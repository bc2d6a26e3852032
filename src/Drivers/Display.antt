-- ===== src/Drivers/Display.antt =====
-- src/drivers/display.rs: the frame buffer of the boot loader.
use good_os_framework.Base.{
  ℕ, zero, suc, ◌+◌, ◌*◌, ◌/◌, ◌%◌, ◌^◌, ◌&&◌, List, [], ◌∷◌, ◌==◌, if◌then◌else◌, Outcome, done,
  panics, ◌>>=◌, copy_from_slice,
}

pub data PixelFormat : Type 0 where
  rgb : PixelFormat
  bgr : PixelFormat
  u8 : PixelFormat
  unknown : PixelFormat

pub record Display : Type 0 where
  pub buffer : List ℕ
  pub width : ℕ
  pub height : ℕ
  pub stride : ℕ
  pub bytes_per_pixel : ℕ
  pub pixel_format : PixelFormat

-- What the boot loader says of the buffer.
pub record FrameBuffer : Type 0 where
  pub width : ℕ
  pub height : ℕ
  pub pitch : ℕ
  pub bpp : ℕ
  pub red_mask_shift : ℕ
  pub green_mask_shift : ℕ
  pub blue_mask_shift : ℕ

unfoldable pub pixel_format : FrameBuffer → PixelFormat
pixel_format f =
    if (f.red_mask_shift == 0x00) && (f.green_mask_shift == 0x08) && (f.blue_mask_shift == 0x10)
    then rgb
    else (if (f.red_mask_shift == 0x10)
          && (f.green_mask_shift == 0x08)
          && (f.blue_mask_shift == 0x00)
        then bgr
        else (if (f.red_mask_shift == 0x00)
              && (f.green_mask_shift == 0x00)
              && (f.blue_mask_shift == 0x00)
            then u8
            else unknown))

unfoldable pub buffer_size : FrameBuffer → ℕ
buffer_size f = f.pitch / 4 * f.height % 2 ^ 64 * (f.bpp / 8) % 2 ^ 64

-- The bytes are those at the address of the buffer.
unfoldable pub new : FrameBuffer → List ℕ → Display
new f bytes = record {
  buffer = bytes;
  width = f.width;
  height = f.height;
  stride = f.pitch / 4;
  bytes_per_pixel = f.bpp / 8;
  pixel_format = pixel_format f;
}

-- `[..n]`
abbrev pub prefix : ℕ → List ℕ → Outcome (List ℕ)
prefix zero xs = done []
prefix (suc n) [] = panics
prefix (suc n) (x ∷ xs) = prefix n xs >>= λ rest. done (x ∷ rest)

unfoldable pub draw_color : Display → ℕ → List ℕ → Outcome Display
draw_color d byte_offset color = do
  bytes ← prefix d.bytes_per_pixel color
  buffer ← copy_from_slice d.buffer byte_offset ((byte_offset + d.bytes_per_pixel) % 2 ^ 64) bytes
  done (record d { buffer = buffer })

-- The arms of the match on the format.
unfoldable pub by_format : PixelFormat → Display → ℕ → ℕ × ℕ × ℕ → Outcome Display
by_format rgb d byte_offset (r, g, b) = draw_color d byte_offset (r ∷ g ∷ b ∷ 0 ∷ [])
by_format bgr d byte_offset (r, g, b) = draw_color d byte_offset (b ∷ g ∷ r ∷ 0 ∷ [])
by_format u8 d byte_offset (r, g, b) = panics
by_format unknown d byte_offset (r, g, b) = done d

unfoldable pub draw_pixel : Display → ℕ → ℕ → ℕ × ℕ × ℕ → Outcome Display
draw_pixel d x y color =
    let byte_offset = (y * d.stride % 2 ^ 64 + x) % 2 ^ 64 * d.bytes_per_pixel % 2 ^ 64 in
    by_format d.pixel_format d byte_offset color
....
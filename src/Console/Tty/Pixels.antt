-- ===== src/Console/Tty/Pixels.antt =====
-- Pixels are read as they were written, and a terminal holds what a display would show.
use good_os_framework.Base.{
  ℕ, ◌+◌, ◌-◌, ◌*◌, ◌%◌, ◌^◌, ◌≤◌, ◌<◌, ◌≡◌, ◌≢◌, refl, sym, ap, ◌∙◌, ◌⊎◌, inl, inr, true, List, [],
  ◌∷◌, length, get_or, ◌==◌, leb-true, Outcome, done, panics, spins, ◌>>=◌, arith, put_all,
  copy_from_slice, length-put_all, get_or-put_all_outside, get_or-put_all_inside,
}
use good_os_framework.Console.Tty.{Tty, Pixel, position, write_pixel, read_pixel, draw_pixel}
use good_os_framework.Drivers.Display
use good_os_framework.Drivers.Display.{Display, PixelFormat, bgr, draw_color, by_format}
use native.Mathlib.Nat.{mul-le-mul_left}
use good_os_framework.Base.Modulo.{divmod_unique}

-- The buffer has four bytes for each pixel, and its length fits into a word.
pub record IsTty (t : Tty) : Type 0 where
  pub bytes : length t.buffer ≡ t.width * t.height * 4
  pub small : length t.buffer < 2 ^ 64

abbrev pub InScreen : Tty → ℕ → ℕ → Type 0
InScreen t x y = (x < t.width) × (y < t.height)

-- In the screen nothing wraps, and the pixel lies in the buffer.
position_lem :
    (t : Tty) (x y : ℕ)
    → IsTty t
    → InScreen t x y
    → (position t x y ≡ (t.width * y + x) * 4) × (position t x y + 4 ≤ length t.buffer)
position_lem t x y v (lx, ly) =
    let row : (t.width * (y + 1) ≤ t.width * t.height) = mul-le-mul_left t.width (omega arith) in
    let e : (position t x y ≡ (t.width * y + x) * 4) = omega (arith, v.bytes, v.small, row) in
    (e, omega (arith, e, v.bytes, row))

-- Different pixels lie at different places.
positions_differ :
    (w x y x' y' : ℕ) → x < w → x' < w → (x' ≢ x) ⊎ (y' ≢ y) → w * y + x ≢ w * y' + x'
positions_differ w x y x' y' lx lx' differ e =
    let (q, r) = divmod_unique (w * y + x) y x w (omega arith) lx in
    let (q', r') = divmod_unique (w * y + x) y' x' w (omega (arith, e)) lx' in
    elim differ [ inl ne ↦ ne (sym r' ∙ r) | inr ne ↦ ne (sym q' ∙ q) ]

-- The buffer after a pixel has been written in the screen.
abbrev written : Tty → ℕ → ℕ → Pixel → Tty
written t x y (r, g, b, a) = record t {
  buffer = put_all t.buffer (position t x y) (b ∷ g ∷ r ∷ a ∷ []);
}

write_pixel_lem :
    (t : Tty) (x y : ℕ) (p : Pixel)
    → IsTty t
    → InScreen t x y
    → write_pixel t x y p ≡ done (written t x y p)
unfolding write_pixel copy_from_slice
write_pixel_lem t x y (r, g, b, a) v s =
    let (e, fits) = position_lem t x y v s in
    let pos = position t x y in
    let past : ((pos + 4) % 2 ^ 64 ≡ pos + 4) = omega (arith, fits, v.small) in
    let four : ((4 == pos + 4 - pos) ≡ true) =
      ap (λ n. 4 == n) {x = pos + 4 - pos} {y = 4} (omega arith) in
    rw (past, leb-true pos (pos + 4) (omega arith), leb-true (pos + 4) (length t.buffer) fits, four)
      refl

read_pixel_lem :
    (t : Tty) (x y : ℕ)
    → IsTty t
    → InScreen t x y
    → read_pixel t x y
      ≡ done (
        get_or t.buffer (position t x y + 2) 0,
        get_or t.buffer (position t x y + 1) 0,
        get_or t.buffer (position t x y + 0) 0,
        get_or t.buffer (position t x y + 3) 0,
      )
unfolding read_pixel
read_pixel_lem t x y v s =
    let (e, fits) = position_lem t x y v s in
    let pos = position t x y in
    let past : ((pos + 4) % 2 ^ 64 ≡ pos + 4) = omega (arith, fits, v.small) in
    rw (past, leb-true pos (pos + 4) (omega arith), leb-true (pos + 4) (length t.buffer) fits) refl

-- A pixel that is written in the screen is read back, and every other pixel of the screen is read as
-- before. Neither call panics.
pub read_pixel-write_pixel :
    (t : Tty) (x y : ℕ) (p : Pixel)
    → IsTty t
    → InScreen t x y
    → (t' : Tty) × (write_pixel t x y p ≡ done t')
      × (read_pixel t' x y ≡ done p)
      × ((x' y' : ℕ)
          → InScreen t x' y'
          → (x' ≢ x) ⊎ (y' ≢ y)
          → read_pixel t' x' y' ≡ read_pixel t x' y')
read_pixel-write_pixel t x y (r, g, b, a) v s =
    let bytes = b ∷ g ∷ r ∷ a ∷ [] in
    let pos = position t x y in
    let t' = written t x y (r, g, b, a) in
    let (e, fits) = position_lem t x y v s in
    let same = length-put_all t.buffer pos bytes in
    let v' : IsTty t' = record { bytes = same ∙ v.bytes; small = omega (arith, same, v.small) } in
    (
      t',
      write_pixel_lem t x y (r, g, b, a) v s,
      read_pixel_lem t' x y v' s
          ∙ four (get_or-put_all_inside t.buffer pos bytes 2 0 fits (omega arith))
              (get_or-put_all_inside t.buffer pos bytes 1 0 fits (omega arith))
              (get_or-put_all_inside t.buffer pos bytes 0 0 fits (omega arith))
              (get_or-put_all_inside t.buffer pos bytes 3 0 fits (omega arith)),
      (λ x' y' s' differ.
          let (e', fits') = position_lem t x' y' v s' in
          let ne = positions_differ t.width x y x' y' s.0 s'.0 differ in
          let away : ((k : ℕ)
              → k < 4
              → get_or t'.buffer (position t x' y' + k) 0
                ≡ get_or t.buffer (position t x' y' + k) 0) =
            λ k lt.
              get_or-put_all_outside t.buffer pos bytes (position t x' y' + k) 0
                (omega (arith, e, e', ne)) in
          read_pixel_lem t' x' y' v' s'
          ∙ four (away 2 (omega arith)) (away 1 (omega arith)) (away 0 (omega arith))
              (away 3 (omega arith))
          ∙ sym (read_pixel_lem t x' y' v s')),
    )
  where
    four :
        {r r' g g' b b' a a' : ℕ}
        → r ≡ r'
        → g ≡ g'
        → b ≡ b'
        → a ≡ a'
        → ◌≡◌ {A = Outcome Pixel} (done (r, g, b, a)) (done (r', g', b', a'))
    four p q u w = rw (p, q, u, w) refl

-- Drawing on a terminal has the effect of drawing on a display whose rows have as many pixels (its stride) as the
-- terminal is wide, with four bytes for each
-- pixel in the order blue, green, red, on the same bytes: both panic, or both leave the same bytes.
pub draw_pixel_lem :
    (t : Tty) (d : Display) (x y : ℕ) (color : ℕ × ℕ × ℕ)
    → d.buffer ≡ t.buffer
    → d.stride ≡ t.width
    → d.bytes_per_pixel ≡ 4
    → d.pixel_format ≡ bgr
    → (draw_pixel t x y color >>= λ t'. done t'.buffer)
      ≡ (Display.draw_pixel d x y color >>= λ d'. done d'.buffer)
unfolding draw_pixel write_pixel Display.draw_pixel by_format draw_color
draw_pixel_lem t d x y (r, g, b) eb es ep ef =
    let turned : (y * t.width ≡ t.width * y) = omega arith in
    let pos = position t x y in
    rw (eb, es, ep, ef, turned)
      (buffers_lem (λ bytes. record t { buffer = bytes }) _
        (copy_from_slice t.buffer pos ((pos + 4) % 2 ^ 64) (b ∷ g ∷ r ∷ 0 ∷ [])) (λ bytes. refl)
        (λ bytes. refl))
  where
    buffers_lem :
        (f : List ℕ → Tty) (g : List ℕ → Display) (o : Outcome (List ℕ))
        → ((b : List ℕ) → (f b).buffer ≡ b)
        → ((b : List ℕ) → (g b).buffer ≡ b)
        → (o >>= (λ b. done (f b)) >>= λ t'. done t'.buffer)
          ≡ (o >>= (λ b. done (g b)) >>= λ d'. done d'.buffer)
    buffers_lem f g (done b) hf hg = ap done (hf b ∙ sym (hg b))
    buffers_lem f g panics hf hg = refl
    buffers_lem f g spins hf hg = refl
....
Your goal: As the answer, set down only the lines from the data above between the one holding "buffer_size f = f.pitch" and the one holding "by_format d.pixel_format d", inclusive, exactly as they read.

Result:
buffer_size f = f.pitch / 4 * f.height % 2 ^ 64 * (f.bpp / 8) % 2 ^ 64

-- The bytes are those at the address of the buffer.
unfoldable pub new : FrameBuffer → List ℕ → Display
new f bytes = record {
  buffer = bytes;
  width = f.width;
  height = f.height;
  stride = f.pitch / 4;
  bytes_per_pixel = f.bpp / 8;
  pixel_format = pixel_format f;
}

-- `[..n]`
abbrev pub prefix : ℕ → List ℕ → Outcome (List ℕ)
prefix zero xs = done []
prefix (suc n) [] = panics
prefix (suc n) (x ∷ xs) = prefix n xs >>= λ rest. done (x ∷ rest)

unfoldable pub draw_color : Display → ℕ → List ℕ → Outcome Display
draw_color d byte_offset color = do
  bytes ← prefix d.bytes_per_pixel color
  buffer ← copy_from_slice d.buffer byte_offset ((byte_offset + d.bytes_per_pixel) % 2 ^ 64) bytes
  done (record d { buffer = buffer })

-- The arms of the match on the format.
unfoldable pub by_format : PixelFormat → Display → ℕ → ℕ × ℕ × ℕ → Outcome Display
by_format rgb d byte_offset (r, g, b) = draw_color d byte_offset (r ∷ g ∷ b ∷ 0 ∷ [])
by_format bgr d byte_offset (r, g, b) = draw_color d byte_offset (b ∷ g ∷ r ∷ 0 ∷ [])
by_format u8 d byte_offset (r, g, b) = panics
by_format unknown d byte_offset (r, g, b) = done d

unfoldable pub draw_pixel : Display → ℕ → ℕ → ℕ × ℕ × ℕ → Outcome Display
draw_pixel d x y color =
    let byte_offset = (y * d.stride % 2 ^ 64 + x) % 2 ^ 64 * d.bytes_per_pixel % 2 ^ 64 in
    by_format d.pixel_format d byte_offset color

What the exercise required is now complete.